We really believe that the collective intelligence of the audience is much higher than a lot of television sometimes thinks it is. People can actually be a little bit lost as long as you have strong central performances, a little bit of humor, and something pulling them through. The idea of the first episode ending and you maybe having no idea what just happened, by the end of the second episode, the show starts to flip from its first four episodes, which are really about creating mystery, into the last four episodes, which are about resolving the mystery. If you can get to the top of the mountain, you’re gonna have a really fun ride down the other side.

Elizabeth Marvel, Jake McDorman, and Betty Gilpin in Mrs. Davis (2023) | Peacock TV

Question: This is a bonkers show that gets really bonkers sometimes. Did you know, from the beginning, that you could really push things, or did you realize, while you were making this, that you could go even further than you thought you could?

HERNANDEZ: You never know, one hundred percent, especially when you’re trying to push your own creativity and do something that you have never done before. To Damon’s point about having trust in the audience that we could go there and maybe they’d want to go there with us, so let’s all climb on the coaster together, that was something we just wanted to try and wanted to hope for. We wanted to treat our audience like they were going to be entertained, and while they might be confused at times, hopefully, by the end of it, they could see their way through the journey and have a really good time. 

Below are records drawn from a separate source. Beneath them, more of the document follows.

-- ===== src/Admin.antt =====
-- internal/repository/admin_repo.go: approving, rejecting and deleting registrations.
pub mod Slugs
pub mod Approval
pub mod Refusal
pub mod Removal
pub mod Progress
pub mod Deletion
pub mod Credentials
pub mod Reset
pub mod Decision
use proindustrial_backend.Common.{
  List, Option, String, [], false, filter, if◌then◌else◌, leb, length, nat_eq, none, not, some,
  string_eq, suc, take, text_eq, true, zero, ℕ, ◌&&◌, ◌+◌, ◌==◌, ◌∷◌,
}
use proindustrial_backend.Common.Text.{Text, to_lower, trim_space}
use proindustrial_backend.Category.{category_groups}
use proindustrial_backend.Database.{
  Action, Driver, Result, diverged, err, is_no_rows, no_rows, ok, on_no_rows, one, pure, query,
  raise, registration_already_done, registration_email_in_use, registration_not_found, require,
  statement, transaction, ◌>>=◌, ◌>>◌,
}
use proindustrial_backend.Http.{status}
use proindustrial_backend.Model.{CategoryGroup, Company, ProviderRegistration, User}
use proindustrial_backend.Model.Limits.{max_description}
use proindustrial_backend.Slug.{candidate, incremented, slug_base}
use proindustrial_backend.Tables.{
  email_taken, insert_company, insert_user, registration_by_id, slug_taken, sort_desc,
  update_registration,
}

pub record ApproveRegistrationResult : Type 0 where
  pub registration : ProviderRegistration
  pub company : Company
  pub user : User
  pub initial_password : Text
  pub email_status : String
  pub email_note : Text

-- `nullableStr` of quote_repo.go
abbrev pub nullable_str : Text → Option Text
nullable_str [] = none
nullable_str (c ∷ s) = some (c ∷ s)

-- the inner loop of `categoryNames`, with its `break`
unfoldable pub category_label : Text → List CategoryGroup → Text
category_label slug [] = slug
category_label slug (g ∷ gs) = if g.slug == slug then g.name else category_label slug gs

unfoldable pub category_names : List Text → List Text
unfolding category_label category_groups
category_names [] = []
category_names (slug ∷ slugs) = category_label slug category_groups ∷ category_names slugs

unfoldable pub truncated_description : Option Text → Option Text
truncated_description none = none
truncated_description (some d) =
    if leb (length d) max_description then some d else some (trim_space (take max_description d))

-- The loop of `nextCompanySlug`; the counter is an `int`.
unfoldable pub try_slugs : Driver → ℕ → Text → ℕ → Text → Action Text
try_slugs d zero base i slug = raise diverged
try_slugs d (suc fuel) base i slug = do
  used ← query d (slug_taken slug)
  elim used [ true ↦ try_slugs d fuel base (incremented i) (candidate base i) | false ↦ pure slug ]

-- One round more than there are companies: enough fuel for a table of at most 2 ^ 63 - 3 of them.
unfoldable pub next_company_slug : Driver → (ℕ → ℕ) → Text → Action Text
next_company_slug d unicode_lower name w =
    let base = slug_base unicode_lower name in
    try_slugs d (suc (length w.db.companies)) base 2 base w

-- `ListRegistrations`
abbrev pub list_registrations : Driver → String → Action (List ProviderRegistration)
list_registrations d status = query d (λ db.
    sort_desc (λ (r : ProviderRegistration). r.created_at)
      (if status == ""
        then db.registrations
        else filter (λ (r : ProviderRegistration). r.status == status) db.registrations))

-- `GetRegistrationByID`
abbrev pub get_registration_by_id : Driver → String → Action ProviderRegistration
get_registration_by_id d id = statement d (λ t db. one (registration_by_id id db) db)

-- The same query where a missing row is `ErrRegistrationNotFound`.
abbrev pub get_registration : Driver → String → Action ProviderRegistration
get_registration d id =
    on_no_rows registration_not_found (statement d (λ t db. one (registration_by_id id db) db))

-- The row that an approval inserts into `companies`; columns not named take their defaults.
abbrev pub company_row : Driver → ℕ → ProviderRegistration → Text → Text → Company
company_row d t reg slug email = record {
  id = d.uuid t;
  slug = slug;
  name = reg.company_name;
  tagline = none;
  description = truncated_description reg.description;
  location = reg.region;
  region = reg.region;
  categories = reg.services;
  services = category_names reg.services;
  phone = reg.phone;
  email = some email;
  website = none;
  years_active = none;
  featured = false;
  logo_url = none;
  cover_url = none;
  created_at = d.now t;
  updated_at = d.now t;
}

abbrev pub user_row : Driver → ℕ → Text → String → String → User
user_row d t email hash company = record {
  id = d.uuid t;
  email = email;
  password_hash = hash;
  company_id = some company;
  role = "provider";
  must_change_password = true;
  created_at = d.now t;
}

abbrev pub approved :
    Driver → ℕ → String → String → Text → ProviderRegistration → ProviderRegistration
approved d t company user email reg = record reg {
  status = "approved";
  company_id = some company;
  user_id = some user;
  approved_at = some (d.now t);
  email = email;
}

module _ (d : Driver) (unicode_lower : ℕ → ℕ) where
  -- The address that an approval gives the account.
  abbrev pub account_email : ProviderRegistration → Text
  account_email reg = to_lower unicode_lower (trim_space reg.email)

  -- The part of the transaction behind the two guards.
  unfoldable pub create_account :
      String → String → Text → ProviderRegistration → Action ApproveRegistrationResult
  create_account id hash initial_password reg = do
    slug ← next_company_slug d unicode_lower reg.company_name
    company ← statement d (λ t. insert_company (company_row d t reg slug (account_email reg)))
    user ← statement d (λ t. insert_user d (user_row d t (account_email reg) hash company.id))
    reg' ← statement d (λ t.
        update_registration (λ r. r.id == id) (approved d t company.id user.id (account_email reg)))
    pure record {
      registration = reg';
      company = company;
      user = user;
      initial_password = initial_password;
      email_status = "";
      email_note = [];
    }

  unfoldable pub approve_body : String → String → Text → Action ApproveRegistrationResult
  approve_body id hash initial_password = do
    reg ← get_registration d id
    require (reg.status == "pending") registration_already_done
    taken ← query d (email_taken d.lower (account_email reg))
    require (not taken) registration_email_in_use
    create_account id hash initial_password reg

  unfoldable pub approve_registration : String → String → Text → Action ApproveRegistrationResult
  approve_registration id hash initial_password =
      transaction d (approve_body id hash initial_password)

abbrev pub rejected : Driver → ℕ → Text → ProviderRegistration → ProviderRegistration
rejected d t reason reg = record reg {
  status = "rejected";
  rejection_reason = nullable_str reason;
  rejected_at = some (d.now t);
}

-- What `RejectRegistration` answers when its update met no row.
unfoldable pub explain_reject :
    Driver → String → Result ProviderRegistration → Action ProviderRegistration
explain_reject d id (ok reg) = pure reg
explain_reject d id (err e) =
    if is_no_rows e then (do get_registration d id; raise registration_already_done) else raise e

unfoldable pub reject_registration : Driver → String → Text → Action ProviderRegistration
reject_registration d id reason w =
    let (r, w') =
      statement d
        (λ t.
          update_registration (λ reg. reg.id == id && reg.status == "pending")
            (rejected d t reason))
        w in
    explain_reject d id r w'

unfoldable pub set_email_status : Driver → String → String → Text → Action (Unit {0})
set_email_status d id status note = statement d (λ t db.
    elim (update_registration (λ reg. reg.id == id)
      (λ reg. record reg { email_status = some status; email_note = some note }) db) [
        | ok (reg, db') ↦ ok (tt, db')
        | err no_rows ↦ ok (tt, db)
        | err e ↦ err e
      ])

In addition to our own desires to push ourselves on the page, we staffed our writers’ room with some individuals who really have different and diverse backgrounds, and what entertains them, tickles them, and makes them smile or laugh or cry, is very different from what delights us. We all had a similar goal, but it came from different places, and I think that’s amazing, so you get the broad spectrum of it on screen.

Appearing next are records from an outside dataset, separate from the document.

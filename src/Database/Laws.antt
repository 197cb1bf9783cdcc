-- ===== src/Database/Laws.antt =====
-- What statements and transactions leave behind.
use proindustrial_backend.Common.{
  Bool, Option, Option-cases, ap, arith, false, inl, inr, none, refl, some, sym, true, ℕ, ◌+◌, ◌∙◌,
  ◌≡◌, ◌⊎◌,
}
use proindustrial_backend.Database.{
  Action, Db, Driver, Error, Result, World, connection, err, ok, on_no_rows, one, query, require,
  settle, statement, transaction, ◌>>=◌,
}

-- A transaction that ends in an error leaves every table as it was.
pub transaction_err :
    {A : Type 0} (d : Driver) (body : Action A) (w : World) {e : Error}
    → (transaction d body w).0 ≡ err e
    → (transaction d body w).1.db ≡ w.db
unfolding transaction
transaction_err d body w h = ground arith

-- A transaction that returns a value has committed what its body did.
pub transaction_ok :
    {A : Type 0} (d : Driver) (body : Action A) (w : World) {a : A}
    → (transaction d body w).0 ≡ ok a
    → let inner = body (record { db = w.db; tick = w.tick + 1 }) in
      (inner.0 ≡ ok a) × ((transaction d body w).1.db ≡ inner.1.db)
unfolding transaction
transaction_ok d body w h = ground arith

pub Result-cases :
    {A : Type 0} (r : Result A) → ((a : A) × (r ≡ ok a)) ⊎ ((e : Error) × (r ≡ err e))
Result-cases (ok a) = inl (a, refl)
Result-cases (err e) = inr (e, refl)

-- A first step that returns a value hands it on, with the world that it left; one that fails ends.
pub >>=_of_ok :
    {A B : Type 0} (m : Action A) (f : A → Action B) (w : World) {a : A} {w' : World}
    → m w ≡ (ok a, w')
    → (m >>= f) w ≡ f a w'
unfolding ◌>>=◌
>>=_of_ok m f w e = λ i. elim (e i).0 [ ok a ↦ f a (e i).1 | err x ↦ (err x, (e i).1) ]

pub >>=_of_err :
    {A B : Type 0} (m : Action A) (f : A → Action B) (w : World) {x : Error} {w' : World}
    → m w ≡ (err x, w')
    → (m >>= f) w ≡ (err x, w')
unfolding ◌>>=◌
>>=_of_err m f w e = λ i. elim (e i).0 [ ok a ↦ f a (e i).1 | err x ↦ (err x, (e i).1) ]

-- Inversion of a sequence that returns a value.
pub >>=-eq-ok :
    {A B : Type 0} (m : Action A) (f : A → Action B) (w : World) {b : B}
    → ((m >>= f) w).0 ≡ ok b
    → (a : A) × ((m w).0 ≡ ok a) × ((f a (m w).1).0 ≡ ok b) × ((m >>= f) w ≡ f a (m w).1)
>>=-eq-ok m f w h = elim (Result-cases (m w).0) [
  | inl (a, e) ↦
      let step = >>=_of_ok m f w {a = a} {w' = (m w).1} (λ i. (e i, (m w).1)) in
      (a, e, ap (λ p. p.0) (sym step) ∙ h, step)
  | inr (x, e) ↦
      absurd (cc (h, ap (λ p. p.0) (>>=_of_err m f w {x = x} {w' = (m w).1} (λ i. (e i, (m w).1)))))
]

-- A statement that returns a value ran, at the tick and on the tables that it found.
pub statement_ok :
    {A : Type 0} (d : Driver) (run : ℕ → Db → Result (A × Db)) (w : World) {a : A}
    → (statement d run w).0 ≡ ok a
    → run w.tick w.db ≡ ok (a, (statement d run w).1.db)
unfolding statement
statement_ok d run w h = ground arith

-- A statement that no failure meets does what it says.
pub statement_runs :
    {A : Type 0} (d : Driver) (run : ℕ → Db → Result (A × Db)) (w : World)
    → d.fails w.tick ≡ false
    → statement d run w ≡ settle w.db (w.tick + 1) (run w.tick w.db)
unfolding statement
statement_runs d run w h = ground arith

pub require_ok :
    (b : Bool) (e : Error) (w : World) {u : Unit {0}}
    → (require b e w).0 ≡ ok u
    → (b ≡ true) × ((require b e w).1 ≡ w)
require_ok true e w h = (refl, refl)
require_ok false e w h = cc

pub on_no_rows_ok :
    {A : Type 0} (e : Error) (m : Action A) (w : World) {a : A}
    → (on_no_rows e m w).0 ≡ ok a
    → ((m w).0 ≡ ok a) × ((on_no_rows e m w).1 ≡ (m w).1)
on_no_rows_ok e m w h = ground arith

-- The world after one statement that has changed no table.
abbrev pub next : World → World
next w = record { db = w.db; tick = w.tick + 1 }

pub query_ok :
    {A : Type 0} (d : Driver) (f : Db → A) (w : World) {a : A}
    → (query d f w).0 ≡ ok a
    → (a ≡ f w.db) × (query d f w ≡ (ok (f w.db), next w))
unfolding statement
query_ok d f w h = ground arith

pub query_runs :
    {A : Type 0} (d : Driver) (f : Db → A) (w : World)
    → d.fails w.tick ≡ false
    → query d f w ≡ (ok (f w.db), next w)
unfolding statement
query_runs d f w h = ground arith

-- A query can only fail by the connection.
pub query_err :
    {A : Type 0} (d : Driver) (f : Db → A) (w : World) {e : Error}
    → (query d f w).0 ≡ err e
    → e ≡ connection
unfolding statement
query_err d f w h = ground arith

pub statement_fails :
    {A : Type 0} (d : Driver) (run : ℕ → Db → Result (A × Db)) (w : World)
    → d.fails w.tick ≡ true
    → statement d run w ≡ (err connection, next w)
unfolding statement
statement_fails d run w h = ground arith

-- A statement that ends in an error leaves the tables alone.
pub statement_err :
    {A : Type 0} (d : Driver) (run : ℕ → Db → Result (A × Db)) (w : World) {e : Error}
    → (statement d run w).0 ≡ err e
    → (statement d run w).1.db ≡ w.db
unfolding statement
statement_err d run w h = ground arith

-- `SELECT` for one row leaves the tables alone, whether or not it finds the row.
pub select_db :
    {A : Type 0} (d : Driver) (f : Db → Option A) (w : World)
    → (statement d (λ t db. one (f db) db) w).1.db ≡ w.db
unfolding statement
select_db d f w = elim (Option-cases (f w.db)) [
  | inl missing ↦ ground arith
  | inr (a, found) ↦ ground arith
]

pub on_no_rows_db :
    {A : Type 0} (e : Error) (m : Action A) (w : World) → (on_no_rows e m w).1.db ≡ (m w).1.db
on_no_rows_db e m w = elim (Result-cases (m w).0) [
  | inl (a, h) ↦ ground arith
  | inr (x, h) ↦ ground arith
]

-- A sequence leaves the tables alone when both of its steps do.
pub >>=_db :
    {A B : Type 0} (m : Action A) (f : A → Action B) (w : World)
    → (m w).1.db ≡ w.db
    → ((a : A) (w' : World) → (f a w').1.db ≡ w'.db)
    → ((m >>= f) w).1.db ≡ w.db
unfolding ◌>>=◌
>>=_db m f w h k = elim (Result-cases (m w).0) [
  | inl (a, e) ↦
      let step = >>=_of_ok m f w {a = a} {w' = (m w).1} (λ i. (e i, (m w).1)) in
      ap (λ p. p.1.db) step ∙ k a (m w).1 ∙ h
  | inr (x, e) ↦
      ap (λ p. p.1.db) (>>=_of_err m f w {x = x} {w' = (m w).1} (λ i. (e i, (m w).1))) ∙ h
]

pub one_ok :
    {A : Type 0} (o : Option A) (db : Db) {a : A} {db' : Db}
    → one o db ≡ ok (a, db')
    → (o ≡ some a) × (db' ≡ db)
one_ok none db h = cc
one_ok (some b) db h = ground arith

pub query_db : {A : Type 0} (d : Driver) (f : Db → A) (w : World) → (query d f w).1.db ≡ w.db
unfolding statement
query_db d f w = ground arith
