-- ===== src/Database/Returns.antt =====
-- Total correctness: an action returns a value, and what holds of it and of the tables.
use proindustrial_backend.Common.{Bool, ap, arith, false, refl, true, ℕ, ◌+◌, ◌∙◌, ◌≡◌}
use proindustrial_backend.Database.{
  Action, Db, Driver, Error, Result, World, err, finish, ok, on_no_rows, pure, rename_no_rows,
  require, settle, statement, transaction, ◌>>=◌,
}
use proindustrial_backend.Database.Laws.{>>=_of_ok, next, statement_runs}

abbrev pub Returns : {A : Type 0} → Action A → World → (A → Db → Type 0) → Type 0
Returns {A} m w Q = (a : A) × (w' : World) × (m w ≡ (ok a, w')) × Q a w'.db

pub Returns-pure :
    {A : Type 0} (a : A) (w : World) (Q : A → Db → Type 0) → Q a w.db → Returns (pure a) w Q
Returns-pure a w Q h = (a, w, refl, h)

pub Returns-bind :
    {A B : Type 0} (m : Action A) (f : A → Action B) (w : World) (P : A → Db → Type 0)
    (Q : B → Db → Type 0)
    → Returns m w P
    → ((a : A) (w' : World) → P a w'.db → Returns (f a) w' Q)
    → Returns (m >>= f) w Q
Returns-bind m f w P Q (a, w₁, e, h) second =
    let (b, w₂, e₂, k) = second a w₁ h in (b, w₂, >>=_of_ok m f w e ∙ e₂, k)

-- Without failures a statement returns what it computes from the tables.
pub Returns-statement :
    {A : Type 0} (d : Driver) (run : ℕ → Db → Result (A × Db)) (w : World) {a : A} {db : Db}
    → d.fails w.tick ≡ false
    → run w.tick w.db ≡ ok (a, db)
    → Returns (statement d run) w (λ a' db'. (a' ≡ a) × (db' ≡ db))
Returns-statement d run w {a} {db} h e = (
  a,
  record { db = db; tick = w.tick + 1 },
  statement_runs d run w h ∙ ap (settle w.db (w.tick + 1)) e,
  (refl, refl),
)

pub Returns-require :
    (b : Bool) (e : Error) (w : World) → b ≡ true → Returns (require b e) w (λ _ db. db ≡ w.db)
Returns-require true e w h = (tt, w, refl, refl)
Returns-require false e w h = absurd (cc)

pub Returns-on_no_rows :
    {A : Type 0} (e : Error) (m : Action A) (w : World) (Q : A → Db → Type 0)
    → Returns m w Q
    → Returns (on_no_rows e m) w Q
Returns-on_no_rows e m w Q (a, w', h, k) = (
  a,
  w',
  (λ i. elim (h i).0 [ ok x ↦ (ok x, (h i).1) | err x ↦ (err (rename_no_rows e x), (h i).1) ]),
  k,
)

transaction_runs :
    {A : Type 0} (d : Driver) (body : Action A) (w : World)
    → d.fails w.tick ≡ false
    → transaction d body w ≡ finish d w.db (body (next w))
unfolding transaction
transaction_runs d body w h = ground arith

commits :
    {A : Type 0} (d : Driver) (db : Db) (a : A) (w : World)
    → d.fails w.tick ≡ false
    → finish d db (ok a, w) ≡ (ok a, next w)
commits d db a w h = ground arith

-- Where no statement fails, `COMMIT` does not either.
pub Returns-transaction :
    {A : Type 0} (d : Driver) (body : Action A) (w : World) (Q : A → Db → Type 0)
    → ((t : ℕ) → d.fails t ≡ false)
    → Returns body (next w) Q
    → Returns (transaction d body) w Q
Returns-transaction d body w Q h (a, w', e, k) = (
  a,
  next w',
  transaction_runs d body w (h w.tick) ∙ ap (finish d w.db) e ∙ commits d w.db a w' (h w'.tick),
  k,
)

LINDELOF: I also think that bonkers is a great adjective, but not everybody does. If someone asks, “How was that party last night?” and you go, “Bonkers,” the one thing that is almost guaranteed is that there’s gonna be follow-up. You’d be like, “Okay, bonkers, how?” And so, I definitely feel like we were needing some bonkers energy in our lives. We were all trapped in our houses and trying to figure out when [the pandemic] was gonna end, and the show really became an escape mechanism. 

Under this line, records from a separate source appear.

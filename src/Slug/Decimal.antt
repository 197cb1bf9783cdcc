-- ===== src/Slug/Decimal.antt =====
-- The decimal numbers of the candidates.
use proindustrial_backend.Common.{
  Bool-cases, [], ap, arith, inl, inr, length, ltb, ltb-false, suc, sym, zero, ℕ, ◌%◌, ◌*◌, ◌+◌,
  ◌-◌, ◌/◌, ◌<◌, ◌^◌, ◌∙◌, ◌∷◌, ◌≡◌, ◌≤◌,
}
use proindustrial_backend.Common.Text.{Text}
use proindustrial_backend.Slug.{decimal, digits}

-- The number that digits spell behind `n`.
abbrev value : ℕ → Text → ℕ
value n [] = n
value n (c ∷ s) = value (n * 10 + (c - b'0')) s

value-digits : (f n : ℕ) (out : Text) → n < f → value 0 (digits f n out) ≡ value n out
unfolding digits
value-digits zero n out h = elim h [ ]
value-digits (suc f) n out h = elim (Bool-cases (ltb n 10)) [
  | inl small ↦ rw small (ap (λ m. value m out) (omega arith))
  | inr large ↦ rw large (
      value-digits f (n / 10) ((b'0' + n % 10) ∷ out) (omega (arith, ltb-false n 10 large))
      ∙ ap (λ m. value m out) (omega arith))
]

-- Different numbers print differently.
pub decimal-injective : (m n : ℕ) → decimal m ≡ decimal n → m ≡ n
unfolding decimal
decimal-injective m n e =
    sym (value-digits (suc m) m [] (omega arith))
    ∙ ap (value 0) e
    ∙ value-digits (suc n) n [] (omega arith)

digits-length :
    (f n k : ℕ) (out : Text) → n < 10 ^ (suc k) → length (digits f n out) ≤ suc k + length out
unfolding digits
digits-length zero n k out h = omega arith
digits-length (suc f) n zero out h = ground arith
digits-length (suc f) n (suc k) out h =
    ground (arith, digits-length f (n / 10) k ((b'0' + n % 10) ∷ out))

-- A number below `10 ^ k` has at most `k` digits.
pub decimal-length : (n k : ℕ) → n < 10 ^ (suc k) → length (decimal n) ≤ suc k
unfolding decimal
decimal-length n k h = omega (arith, digits-length (suc n) n k [] h)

The great thing about storytelling is escapism, but at the same time, it reflects a fundamental truth about what it means to be alive at any given time. Hopefully, that’s universal, and there are emotional things that you can latch onto, otherwise, you’re just being wacky for wacky’s sake, and people aren’t gonna watch that. There has to be something to sink your teeth into, as it were.

Question: There are some pretty zany things in this, from a van with a giant cockroach on it to you actually casting Jesus, to a nun in a jumpsuit, to a white dove that’s following her around. Do you guys each have a visual that you love with this show that you are proud you actually got away with?

HERNANDEZ: In episode two, we link up with Wiley and the resistance, meaning this movement of men who are opposing the algorithm, Mrs. Davis, with Simone, and I just delight in their headquarters. They live in what we all call the Hippo Campus, which is an old hippo meat factory. Any time that is on screen, or anything hippo related is on screen, I have this childlike giggle because I can’t believe they let me get away with that. I find it really amusing and just off the path.

LINDELOF: For me, it’s the Excalibattle in the third episode, which is inspired by this documentary that several of us in the writers’ room had seen. There was the question, “What’s the stupidest competition that Wiley could engage in, in order to prove his manhood, but nobody cares except for him? It needs to be phallic. It needs to be Arthurian. What if it were just a giant sword sticking out of the ground?” And then, the first time that you see that on screen, it’s that ridiculous idea from the writers’ room that becomes manifest into reality. I always get delighted when I see that sword.